3. The pH of 0.10 M ammonium chloride is predicted to turn out lower than the pH of 0.10 M sodium chloride because ammonium chloride is a salt composed of a weak base and a strong acid. When ammonium chloride is dissolved in water, hydrolysis prompts it to react with the water and give rise to ammonia (NH₃) and hydronium ions (H₃O⁺). It means that hydronium ion concentration is rising and pH is being lowered although, in the case of sodium chloride, hydrolysis undergoes at only a small level.

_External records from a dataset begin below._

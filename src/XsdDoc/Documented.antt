-- ===== src/XsdDoc/Documented.antt =====
-- A schema that the plugin has written: it defines the group, the types of documentation, and the `doc`
-- element in the group; and a second run of the plugin leaves it as it is.
use mathlib.Core.List.{append_assoc}
use muen.Base.{Bool, true, false, ◌&&◌, [], ◌∷◌, ◌++◌, Option, none, some, Str, codes, arith}
use muen.Base.{
  Result, ok, ◌≡◌, refl, ap, ◌∙◌, sym, >>=-eq-ok, if◌then◌else◌, inl, inr, ◌==◌, list_eq, option_eq,
  nat_eq,
}
use muen.Base.Dict.{lookup}
use muen.Base.Text.Laws.{Avoids, Avoids-of_test, split-cons, split_self}
use muen.Xml.{Etree, IsLawful}
use muen.Xml.Names.{Names, IsNamed}
use muen.Xml.Steps.{Step, step_test, reaches, update_walk, local_part, is_local, is_named}
use muen.Xml.Reach.{
  step_test-set_children, reaches-set_children, reaches-update, reaches_one-update,
}
use muen.Xsd.Groups.{
  insert_universal_starting_group, insert_children_from_string, universal_starting_group_defined,
  universal_starting_group_definition, in_types,
}
use muen.Xsd.{create_element_from_dict}
use muen.Xsd.Elements.{IsPrefix, ns_info-IsPrefix}
use muen.Base.{ok_injective}
use muen.XsdDoc.{
  group_step, sequence_step, doc_step, type_step, doc_type_step, doc_attributes, first_of,
  documentation_type_defined, doc_in_universal_starting_group,
  insert_doc_in_universal_starting_group, add_documentation, documentation_type_definition,
}
use muen.XsdDoc.Defined.{group_defined, type_defined, doc_defined}
use muen.XsdDoc.Children.{reaches-insert_children}

local_part-prefix : (p t : Str) → IsPrefix p → Avoids (codes "}") t → local_part (p ++ t) ≡ t
unfolding local_part
local_part-prefix p t (inl e) h = rw (e, split_self b'}' [] t h) refl
local_part-prefix p t (inr (url, e, a)) h =
    rw
      (
        e,
        append_assoc url (codes "}") t,
        split-cons b'}' [] (b'{' ∷ url) t (refl, a),
        split_self b'}' [] t h,
      )
      refl

module _ (X : Etree) (N : Names X) where
  first_of-some :
      (o : Option (Unit {0} × X.Elem)) (e : X.Elem) → first_of X N o ≡ ok e → o ≡ some (tt, e)
  first_of-some none e h = cc
  first_of-some (some (tt, d)) e h = ap (λ c. some (tt, c)) (ok_injective d e h)

  -- The three tests of the plugin pass.
  abbrev pub IsDocumented : X.Elem → Type 0
  IsDocumented root =
      (universal_starting_group_defined X N root ≡ ok true)
      × (documentation_type_defined X N root ≡ ok true)
      × (doc_in_universal_starting_group X N root ≡ ok true)

  -- What lxml makes of the two constant texts
  abbrev pub IsParsed : (Str → Result X.Elem) → Type 0
  IsParsed fromstring =
      (group_root : X.Elem) × (type_root : X.Elem) × (fromstring universal_starting_group_definition
        ≡ ok group_root)
      × (fromstring documentation_type_definition ≡ ok type_root)
      × (reaches X (group_step ∷ []) group_root ≡ true)
      × (reaches X (type_step ∷ []) type_root ≡ true)
      × (reaches X (doc_type_step ∷ []) type_root ≡ true)

  module _ (L : IsLawful X) (M : IsNamed X N) where
    abbrev doc_element : Str → X.Elem
    doc_element prefix =
        X.set
          (X.set
            (X.set (X.set (X.element (prefix ++ codes "element") []) (codes "name") (codes "doc"))
              (codes "type") (codes "documentationType"))
            (codes "minOccurs") (codes "0"))
          (codes "maxOccurs") (codes "unbounded")

    doc_element_lem :
        (prefix : Str)
        → create_element_from_dict X N (doc_attributes prefix) ≡ ok (doc_element prefix)
    unfolding lookup
    doc_element_lem prefix = refl

    tag-doc_element : (prefix : Str) → X.tag (doc_element prefix) ≡ some (prefix ++ codes "element")
    tag-doc_element prefix =
        L.tag-set _ _ _
        ∙ L.tag-set _ _ _
        ∙ L.tag-set _ _ _
        ∙ L.tag-set _ _ _
        ∙ L.tag-element (prefix ++ codes "element") []

    name-doc_element :
        (prefix : Str) → X.get (doc_element prefix) (codes "name") ≡ some (codes "doc")
    name-doc_element prefix =
        L.get-set _ _ (codes "name") _
        ∙ L.get-set _ _ (codes "name") _
        ∙ L.get-set _ _ (codes "name") _
        ∙ L.get-set _ _ (codes "name") _

    step_test-doc_element :
        (prefix : Str) → IsPrefix prefix → step_test X doc_step (doc_element prefix) ≡ true
    step_test-doc_element prefix p =
        ap
          (λ t.
            is_local (codes "element") t
            && is_named (some (codes "doc")) (X.get (doc_element prefix) (codes "name")))
          (tag-doc_element prefix)
        ∙ ap
            (λ v.
              is_local (codes "element") (some (prefix ++ codes "element"))
              && is_named (some (codes "doc")) v)
            (name-doc_element prefix)
        ∙ ap (λ l. (l == codes "element") && true)
            (local_part-prefix prefix (codes "element") p
              (Avoids-of_test (codes "}") (codes "element") refl))

    keeps :
        (new : X.Elem) (s : Step) (c : X.Elem) → step_test X s (X.insert c 0 new) ≡ step_test X s c
    keeps new s c =
        ap (step_test X s) (M.insert_lem c new 0)
        ∙ step_test-set_children X L s c (new ∷ X.children c)

    -- The new element is reached in every sequence it was put into.
    reaches-doc :
        (prefix : Str) (c : X.Elem)
        → IsPrefix prefix
        → reaches X (doc_step ∷ []) (X.insert c 0 (doc_element prefix)) ≡ true
    unfolding reaches
    reaches-doc prefix c p =
        ap (reaches X (doc_step ∷ [])) (M.insert_lem c (doc_element prefix) 0)
        ∙ reaches-set_children X L doc_step [] c (doc_element prefix ∷ X.children c)
        ∙ rw (step_test-doc_element prefix p) refl

    inserted_doc :
        (root root' : X.Elem)
        → insert_doc_in_universal_starting_group X N root ≡ ok root'
        → (reaches X (group_step ∷ sequence_step ∷ doc_step ∷ []) root' ≡ true)
          × ((r : Step) → reaches X (r ∷ []) root' ≡ reaches X (r ∷ []) root)
    unfolding insert_doc_in_universal_starting_group
    inserted_doc root root' h =
        let (ns, i, p) = ns_info-IsPrefix X N L M root in
        let new = doc_element ns.ns_prefix in
        let f : X.Elem → X.Elem = λ c. X.insert c 0 new in
        let u : update_walk X (group_step ∷ sequence_step ∷ []) f root ≡ some (tt, root') =
          first_of-some (update_walk X (group_step ∷ sequence_step ∷ []) f root) root'
            (rw (i, doc_element_lem ns.ns_prefix) at h) in
        (
          reaches-update X L f (keeps new) (group_step ∷ sequence_step ∷ []) (doc_step ∷ []) root
              root' (λ c. reaches-doc ns.ns_prefix c p) u,
          λ r. reaches_one-update X L f (keeps new) r group_step (sequence_step ∷ []) root root' u,
        )

    module _ (fromstring : Str → Result X.Elem) (parsed : IsParsed fromstring) where
      with_group :
          (b : Bool) (root r : X.Elem)
          → b ≡ reaches X (group_step ∷ []) root
          → (if b then ok root else insert_universal_starting_group X N fromstring root) ≡ ok r
          → reaches X (group_step ∷ []) r ≡ true
      unfolding insert_universal_starting_group
      with_group true root r e h = rw (← ok_injective root r h) (sym e)
      with_group false root r e h =
          let (g, d, f, _, t, _, _) = parsed in
          let (cs, i, k) = >>=-eq-ok (in_types X N root (X.children root)) _ h in
          reaches-insert_children X N L fromstring (X.set_children root cs) g r
            universal_starting_group_definition group_step [] f k
          ∙ rw t refl

      with_type :
          (b : Bool) (root r : X.Elem)
          → b ≡ (reaches X (type_step ∷ []) root && reaches X (doc_type_step ∷ []) root)
          → reaches X (group_step ∷ []) root ≡ true
          → (if b
              then ok root
              else insert_children_from_string X N fromstring root documentation_type_definition
                  none)
            ≡ ok r
          → (reaches X (group_step ∷ []) r ≡ true)
            × ((reaches X (type_step ∷ []) r && reaches X (doc_type_step ∷ []) r) ≡ true)
      with_type true root r e g h = let q = ok_injective root r h in rw (← q) (g, sym e)
      with_type false root r e g h =
          let (_, d, _, f, _, t, u) = parsed in
          let reached = λ (s : Step).
            reaches-insert_children X N L fromstring root d r documentation_type_definition s [] f
              h in
          (
            reached group_step ∙ ground (arith, g),
            rw (reached type_step, reached doc_type_step, t, u) refl,
          )

      with_doc :
          (b : Bool) (root r : X.Elem)
          → b ≡ reaches X (group_step ∷ sequence_step ∷ doc_step ∷ []) root
          → reaches X (group_step ∷ []) root ≡ true
          → (reaches X (type_step ∷ []) root && reaches X (doc_type_step ∷ []) root) ≡ true
          → (if b then ok root else insert_doc_in_universal_starting_group X N root) ≡ ok r
          → IsDocumented r
      with_doc true root r e g t h =
          let q = ok_injective root r h in
          rw (← q) (
            group_defined X N L M root ∙ ap ok g,
            type_defined X N L M root ∙ ap ok t,
            doc_defined X N L M root ∙ ap ok (sym e),
          )
      with_doc false root r e g t h =
          let (d, same) = inserted_doc root r h in
          (
            group_defined X N L M r ∙ ap ok (same group_step ∙ g),
            type_defined X N L M r ∙ ap ok (rw (same type_step, same doc_type_step) t),
            doc_defined X N L M r ∙ ap ok d,
          )

      -- Whatever the schema defines already: if the plugin returns, the schema defines the group, both types
      -- of documentation and the `doc` element of the group, given what its two texts are parsed to.
      pub add_documentation-IsDocumented :
          (root root' : X.Elem)
          → add_documentation X N fromstring root ≡ ok root'
          → IsDocumented root'
      unfolding add_documentation
      add_documentation-IsDocumented root root' h =
          let (b, i, h1) = >>=-eq-ok (universal_starting_group_defined X N root) _ h in
          let (w, j, h2) = >>=-eq-ok _ _ h1 in
          let (t, k, h3) = >>=-eq-ok (documentation_type_defined X N w) _ h2 in
          let (v, l, h4) = >>=-eq-ok _ _ h3 in
          let (d, m, h5) = >>=-eq-ok (doc_in_universal_starting_group X N v) _ h4 in
          let g : reaches X (group_step ∷ []) w ≡ true =
            with_group b root w (ok_injective b _ (sym i ∙ group_defined X N L M root)) j in
          let (g', t') = with_type t w v (ok_injective t _ (sym k ∙ type_defined X N L M w)) g l in
          with_doc d v root' (ok_injective d _ (sym m ∙ doc_defined X N L M v)) g' t' h5

      -- A second run of the plugin on the schema that a run has made changes nothing.
      pub add_documentation_idempotent :
          (root root' : X.Elem)
          → add_documentation X N fromstring root ≡ ok root'
          → add_documentation X N fromstring root' ≡ ok root'
      unfolding add_documentation
      add_documentation_idempotent root root' h =
          let (g, t, d) = add_documentation-IsDocumented root root' h in rw (g, t, d) refl
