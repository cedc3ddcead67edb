-- ===== src/Xsd/Order.antt =====
-- The text of an element does not depend on the order of its attributes.
use mathlib.Core.List.{Perm}
use muen.Base.{Str, Option, some, none, ◌≡◌, refl, ap, ◌∙◌}
use muen.Base.Dict.{Dict}
use muen.Xml.{Etree}
use muen.Xml.Names.{Names}
use muen.Xsd.Sorting.{sort-map_perm}
use muen.Xsd.{localname, node_text, node_to_string, attribute_text, with_attributes}

node_text_perm :
    (prefix name : Option Str) (a b : Dict Str Str)
    → Perm a b
    → node_text prefix name a ≡ node_text prefix name b
unfolding node_text
node_text_perm prefix none a b p = refl
node_text_perm prefix (some name) a b p =
    ap (with_attributes prefix name) (sort-map_perm attribute_text a b p)

-- Two elements with the same prefix and name and the same attributes, in whatever order, have the same
-- text; the comparison of an element with one to be inserted relies on it.
pub node_to_string_perm :
    (X : Etree) (N : Names X) (e d : X.Elem)
    → N.prefix e ≡ N.prefix d
    → localname X N e ≡ localname X N d
    → Perm (N.attrib e) (N.attrib d)
    → node_to_string X N e ≡ node_to_string X N d
node_to_string_perm X N e d p l a =
    ap (λ q. node_text q (localname X N e) (N.attrib e)) p
    ∙ ap (λ q. node_text (N.prefix d) q (N.attrib e)) l
    ∙ node_text_perm (N.prefix d) (localname X N d) (N.attrib e) (N.attrib d) a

4. With the ready addition of a strong acid, a solution with the portion 0.10 M formic acid (HCO2H) and 0.10 M sodium formate (NaHCO2) prevents changes in pH due to its bullying nature. A buffer’s solution is a mixture of a weak acid and its conjugate base (alternatively a weak base and its conjugate acid) in relatively equal concentrations. Moreover, in case a powerful acid is introduced in the buffer mixture, the weak acid of the buffer solution to the acid neutralizes the hydrogen ions thus keeping the pH relatively unchanged. Hence, in this case, the formic acid which is the weak acid, and the sodium formate which is an ionic associate of sodium and formate work together to provide the solution the resistance against a change in pH when a strong acid is added.